Sometimes the AI will go off the rails and make a mess of your code. Having a recent commit allows you to quickly get back to a known good state.

Create and Use MCP Servers

As you might imagine, I use CSLA .NET a lot. Because CSLA is open-source, the Copilot AI generally knows all about CSLA because open-source code is part of the training data. The problem is that the training data covers everything from CSLA 1.0 to the current version - so decades of changes. This means that when you ask Copilot to help you with CSLA code, it might give you code that is out of date.

I’ve created an MCP server for CSLA that has information about CSLA 9 and 10. If you add this MCP server to your Copilot settings, and ask questions about CSLA, you will get answers that are specific to CSLA 9 and 10, rather than older versions. This is the sort of thing you can put into your /.github/copilot-instructions.md file to ensure that everyone on your team is using the same MCP servers.

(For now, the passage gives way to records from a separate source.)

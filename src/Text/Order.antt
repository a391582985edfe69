-- ===== src/Text/Order.antt =====
-- Laws of the order of strings.
use clip_to_doc_archive.Prelude.{◌≡◌, refl, true, false, [], ◌∷◌, arith, nat_eq, list_eq}
use clip_to_doc_archive.Text.{text_ltb, Text}

pub text_ltb_asym : (a b : Text) → text_ltb a b ≡ true → text_ltb b a ≡ false
unfolding text_ltb
text_ltb_asym [] [] h = cc
text_ltb_asym [] (d ∷ t) h = refl
text_ltb_asym (c ∷ s) [] h = cc
text_ltb_asym (c ∷ s) (d ∷ t) h = ground (arith, text_ltb_asym s t)

pub text_ltb_irrefl : (a : Text) → text_ltb a a ≡ false
unfolding text_ltb
text_ltb_irrefl [] = refl
text_ltb_irrefl (c ∷ s) = ground (arith, text_ltb_irrefl s)

pub text_not-ltb_trans :
    (a b c : Text) → text_ltb a b ≡ false → text_ltb b c ≡ false → text_ltb a c ≡ false
unfolding text_ltb
text_not-ltb_trans [] [] c h k = k
text_not-ltb_trans [] (y ∷ b) c h k = cc
text_not-ltb_trans (x ∷ a) b [] h k = refl
text_not-ltb_trans (x ∷ a) [] (z ∷ c) h k = cc
text_not-ltb_trans (x ∷ a) (y ∷ b) (z ∷ c) h k = ground (arith, text_not-ltb_trans a b c)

The results of the AI when using an MCP server like this are substantially better than without it. If you are using AI to help with a specific framework or library, consider creating an MCP server for that framework or library.

You can also build your own MCP server for your organization, project, or codebase. Such a server can provide code snippets, patterns, documentation, and other information specific to your context, which can greatly improve the quality of the AI’s output.

I wrote a blog post about building a simple MCP server.

Conclusion

AI is a useful tool for software development, but it is not magic. You have to learn how to use it effectively, and you have to be willing to review and refine its output. By thinking of the AI as a collaborator, providing it with context, and using MCP servers, you can get much better results.

As an industry, we need to move past the idea that AI isn’t useful, and start discussing how to use it ethically and effectively. Only then can we fully understand the implications of this technology and make informed decisions about its use.